6 posts in an hour. See what happens to crevo threads when you put restrictions like that on them
When you look at the stated goals of the Discovery Institute, the Seattle based organization promoting ID, a Saudi style theocracy is indeed their goal. Granted, it is a Christian theology, which generally I support. Except not in schools, and not mandated by government. We ended that in the Americas sometime after they chased my ancestors out of Hampton NH in the 1630's because they were Quaker.
The Discovery Institute published on their web site (and has since removed) a strategy they call the "Wedge". It is to promote a non-God "Intellegent Design" to get science to accept the idea that some kind of supernatural exists, despite no evidence for it.
Then the plan is to replace that belief in a generic supernatural with a Christian faith.
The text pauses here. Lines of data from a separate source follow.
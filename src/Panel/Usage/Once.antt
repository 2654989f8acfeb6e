-- ===== src/Panel/Usage/Once.antt =====
-- What an accepted report adds, and which reports are refused: internal/panel/nodes/accounting.go.
use antimage.Common.{
  ℕ, ◌+◌, ◌%◌, ◌^◌, ◌==◌, ◌≡◌, refl, sym, arith, true, false, Option, none, some, List, [], ◌∷◌,
  ◌++◌, ite, if◌then◌else◌, ℕ_discrete, ◌&&◌, inl, inr,
}
use antimage.Common.Maps
use antimage.Common.Outcome.{ok, err, ok-injective, Outcome-cases}
use antimage.Panel.Usage.Tables.{Delta, Subject, Usage, UsageError}
use antimage.Panel.Usage.Ingest.{
  UsageDelta, has_report, is_taken, resolve_service, row_of, total_bytes, set_subject, count_bytes,
  apply_samples, ingest, same_service,
}
use antimage.Panel.Usage.Counted.{Step, counted, apply_samples-ok}
use mathlib.Core.Option

is_taken-append :
    (node sequence subject : ℕ) (service : Option ℕ) (deltas : List Delta) (d : Delta)
    → is_taken node sequence subject service (deltas ++ d ∷ []) ≡ (
        if is_taken node sequence subject service deltas
        then true
        else if d.node_id == node
            && (d.sequence == sequence)
            && (d.subject_id == subject)
            && same_service d.service_id service
        then true
        else false)
unfolding is_taken
is_taken-append node sequence subject service [] d = refl
is_taken-append node sequence subject service (x ∷ deltas) d =
    ground (arith, is_taken-append node sequence subject service deltas d)

-- The bytes that samples, deltas and the counter have for a subject.
unfoldable pub reported_bytes : ℕ → List UsageDelta → ℕ
unfolding ℕ_discrete
reported_bytes subject [] = 0
reported_bytes subject (s ∷ rest) =
    let others = reported_bytes subject rest in
    ite (ℕ_discrete subject s.subject_id) (s.uplink_bytes + s.downlink_bytes + others) others

unfoldable pub stored_bytes : ℕ → List Delta → ℕ
unfolding ℕ_discrete
stored_bytes subject [] = 0
stored_bytes subject (d ∷ rest) =
    let others = stored_bytes subject rest in
    ite (ℕ_discrete subject d.subject_id) (d.uplink_bytes + d.downlink_bytes + others) others

abbrev pub used_by : Option Subject → ℕ
used_by none = 0
used_by (some s) = s.quota_used_bytes

abbrev pub used_bytes : ℕ → Usage → ℕ
used_bytes subject db = used_by (Maps.get ℕ_discrete subject db.subjects)

stored_bytes-append :
    (subject : ℕ) (deltas : List Delta) (d : Delta)
    → stored_bytes subject (deltas ++ d ∷ [])
      ≡ stored_bytes subject deltas
        + ite (ℕ_discrete subject d.subject_id) (d.uplink_bytes + d.downlink_bytes) 0
unfolding stored_bytes
stored_bytes-append subject [] d = ground arith
stored_bytes-append subject (x ∷ deltas) d = ground (arith, stored_bytes-append subject deltas d)

get-set_subject :
    (id j : ℕ) (change : Subject → Subject) (rows : List (ℕ × Subject))
    → Maps.get ℕ_discrete j (set_subject id change rows)
      ≡ ite
          (ℕ_discrete j id)
          (Option.map change (Maps.get ℕ_discrete j rows))
          (Maps.get ℕ_discrete j rows)
unfolding set_subject Maps.get
get-set_subject id j change [] = ground arith
get-set_subject id j change (x ∷ rows) = ground (arith, get-set_subject id j change rows)

count_bytes-used :
    (s : UsageDelta) (now : ℕ) (row : Subject)
    → (count_bytes s now row).quota_used_bytes ≡ row.quota_used_bytes + total_bytes s
count_bytes-used s now row = ground arith

counted-used :
    (node sequence now subject : ℕ) (s : UsageDelta) (rest : List UsageDelta) (db db' : Usage)
    → Step node sequence now s rest db db'
    → used_bytes subject (counted node sequence now s db)
      ≡ used_bytes subject db
        + ite (ℕ_discrete subject s.subject_id) (s.uplink_bytes + s.downlink_bytes) 0
counted-used node sequence now subject s rest db db' step =
    let small : (s.uplink_bytes + s.downlink_bytes) % 2 ^ 64 ≡ s.uplink_bytes + s.downlink_bytes =
      let up = step.uplink in let down = step.downlink in omega arith in
    rw (get-set_subject s.subject_id subject (count_bytes s now) db.subjects)
      (elim (ℕ_discrete subject s.subject_id) [
        | no other ↦ ground arith
        | yes same ↦ rw (same, step.found) (ground (arith, count_bytes-used s now step.row))
      ])

apply_samples-used :
    (node sequence now subject : ℕ) (samples : List UsageDelta) (db db' : Usage)
    → apply_samples node sequence now samples db ≡ ok db'
    → (used_bytes subject db' ≡ used_bytes subject db + reported_bytes subject samples)
      × (stored_bytes subject db'.deltas
          ≡ stored_bytes subject db.deltas + reported_bytes subject samples)
unfolding apply_samples reported_bytes
apply_samples-used node sequence now subject [] db db' h =
    rw (sym (ok-injective h)) (omega arith, omega arith)
apply_samples-used node sequence now subject (s ∷ rest) db db' h =
    let step = apply_samples-ok node sequence now s rest db db' h in
    let (used, stored) =
      apply_samples-used node sequence now subject rest (counted node sequence now s db) db'
        step.next in
    let one = counted-used node sequence now subject s rest db db' step in
    let row = stored_bytes-append subject db.deltas (row_of node sequence now s db) in
    (ground arith, ground arith)

-- No byte is lost or invented: when a report under a new sequence is accepted, for every subject the
-- counter quota_used_bytes and the sum of the stored deltas both grow by exactly the bytes that the
-- report has for the subject.
pub ingest-used_bytes :
    (node sequence : ℕ) (samples : List UsageDelta) (now subject : ℕ) (db db' : Usage)
    → has_report node sequence db.deltas ≡ false
    → ingest node sequence samples now db ≡ ok db'
    → (used_bytes subject db' ≡ used_bytes subject db + reported_bytes subject samples)
      × (stored_bytes subject db'.deltas
          ≡ stored_bytes subject db.deltas + reported_bytes subject samples)
unfolding ingest
ingest-used_bytes node sequence samples now subject db db' new h =
    apply_samples-used node sequence now subject samples db db' (rw (ingest, new) at h)

apply_samples-is_free :
    (node sequence now subject : ℕ) (service : Option ℕ) (reported : ℕ) (before : List UsageDelta)
    (s : UsageDelta) (rest : List UsageDelta) (db db' : Usage)
    → apply_samples node sequence now (before ++ s ∷ rest) db ≡ ok db'
    → s.subject_id ≡ subject
    → s.service_id ≡ reported
    → resolve_service node reported db ≡ service
    → is_taken node sequence subject service db.deltas ≡ false
unfolding apply_samples
apply_samples-is_free node sequence now subject service reported [] s rest db db' h e f g =
    let step = apply_samples-ok node sequence now s rest db db' h in cc (step.free, e, f, g)
apply_samples-is_free node sequence now subject service reported (x ∷ before) s rest db db' h e f
      g =
    let step = apply_samples-ok node sequence now x (before ++ s ∷ rest) db db' h in
    let later =
      apply_samples-is_free node sequence now subject service reported before s rest
        (counted node sequence now x db) db' step.next e f g in
    let row =
      is_taken-append node sequence subject service db.deltas (row_of node sequence now x db) in
    ground arith

clash :
    (node sequence now service : ℕ) (before between after : List UsageDelta) (s t : UsageDelta)
    (db db' : Usage)
    → apply_samples node sequence now (before ++ s ∷ between ++ t ∷ after) db ≡ ok db'
    → s.subject_id ≡ t.subject_id
    → s.service_id ≡ t.service_id
    → resolve_service node s.service_id db ≡ some service
    → ⊥
clash node sequence now service [] between after s t db db' h e f g =
    let step = apply_samples-ok node sequence now s (between ++ t ∷ after) db db' h in
    let free =
      apply_samples-is_free node sequence now s.subject_id (some service) s.service_id between t
        after (counted node sequence now s db) db' step.next (sym e) (sym f) g in
    let row =
      is_taken-append node sequence s.subject_id (some service) db.deltas
        (row_of node sequence now s db) in
    let taken : same_service (resolve_service node s.service_id db) (some service) ≡ true =
      rw g (ground arith) in
    ground arith
clash node sequence now service (x ∷ before) between after s t db db' h e f g =
    let step = apply_samples-ok node sequence now x (before ++ s ∷ between ++ t ∷ after) db db' h in
    clash node sequence now service before between after s t (counted node sequence now x db) db'
      step.next e f g

-- The constraint on the rows of a report: a report under a new sequence is refused, with an error,
-- if two of its samples have the same subject and the same service of the reporting node.
pub ingest-same_subject :
    (node sequence : ℕ) (before between after : List UsageDelta) (s t : UsageDelta)
    (now service : ℕ) (db : Usage)
    → has_report node sequence db.deltas ≡ false
    → s.subject_id ≡ t.subject_id
    → s.service_id ≡ t.service_id
    → resolve_service node s.service_id db ≡ some service
    → (e : UsageError) × (ingest node sequence (before ++ s ∷ between ++ t ∷ after) now db ≡ err e)
unfolding ingest
ingest-same_subject node sequence before between after s t now service db new same same_service
      known =
    rw new
      (elim (Outcome-cases
        (apply_samples node sequence now (before ++ s ∷ between ++ t ∷ after) db)) [
          | inr refused ↦ refused
          | inl (db', h) ↦ absurd (
              clash node sequence now service before between after s t db db' h same same_service
                known)
        ])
I don't doubt that since this is specifically directed at government schools, that they fully intend on carrying this over into government mandates as well.
Who knows what would happen after decades of such government sponsord religion? Perhaps a return to government mandated tithes as existed in New England well after the First Amendment (since the First only prevented Congress from establishing a religion, a strict interpretation allows States to do so, and they once did).
Perhaps the Taliban example is a bit strong, because Christianity was never that violent in the Americas. But in England, it certianly was.
It is not a religious dogma. It is science. Creationism is the dogmatic belief.
I am all for vouchers, and Charter schools, as are many pro-evolutionists. The point is irrelevant. They have nothing to do with one another.
My children are in private Christian schools.
I was taught that it was a theory about 45 years ago and as far as I know it is always taught as a theory. Do you have evidence otherwise?
Excellent points - both.
Note the suicide bombers. You can tell anyone anything over and over, and they'll buy it.
I'm just amazed that people seem driven to reject Evolution, when I see no real conflict between it and Genesis. It's all in the interpretation. No two denominations ever agreed on interpreting the Bible, and I guess they never will.
I like the 'be nice' part. But I think you Established Religion true believers protest too much. If you really believed challenges to your doctrine were silly, you wouldn't over-react contstantly and continually. But lets get started; evolution is ridiculous.
Nothing organizes without Mind. Chance DISorganizes.
I think the reason we have to keep repeating it is NOT that the Creationists don't know it, but because many of them don't care. The idea is to discredit evolution. Admitting the difference between theory & hypothesis weakens their goal.
Most poeple are ignorant of the sciences.
"If this style of 'science' ever took hold in U.S. schools, it is safe to say that as a nation we could well be headed for Third World status, along with everything that dire label implies."
But this is what was taught for many years during a time when this nation grew to greatness.
Since evolution has been taught, social institutions have been in decline. Though Americans are richer and have less work than ever before, as a whole, we also are more lazy, dissatisfied, selfish, immoral, dishonest and generally uneducated than ever before.
If we do not get back to the underlying moral principles that made us great, our greatness will also become a thing of the past.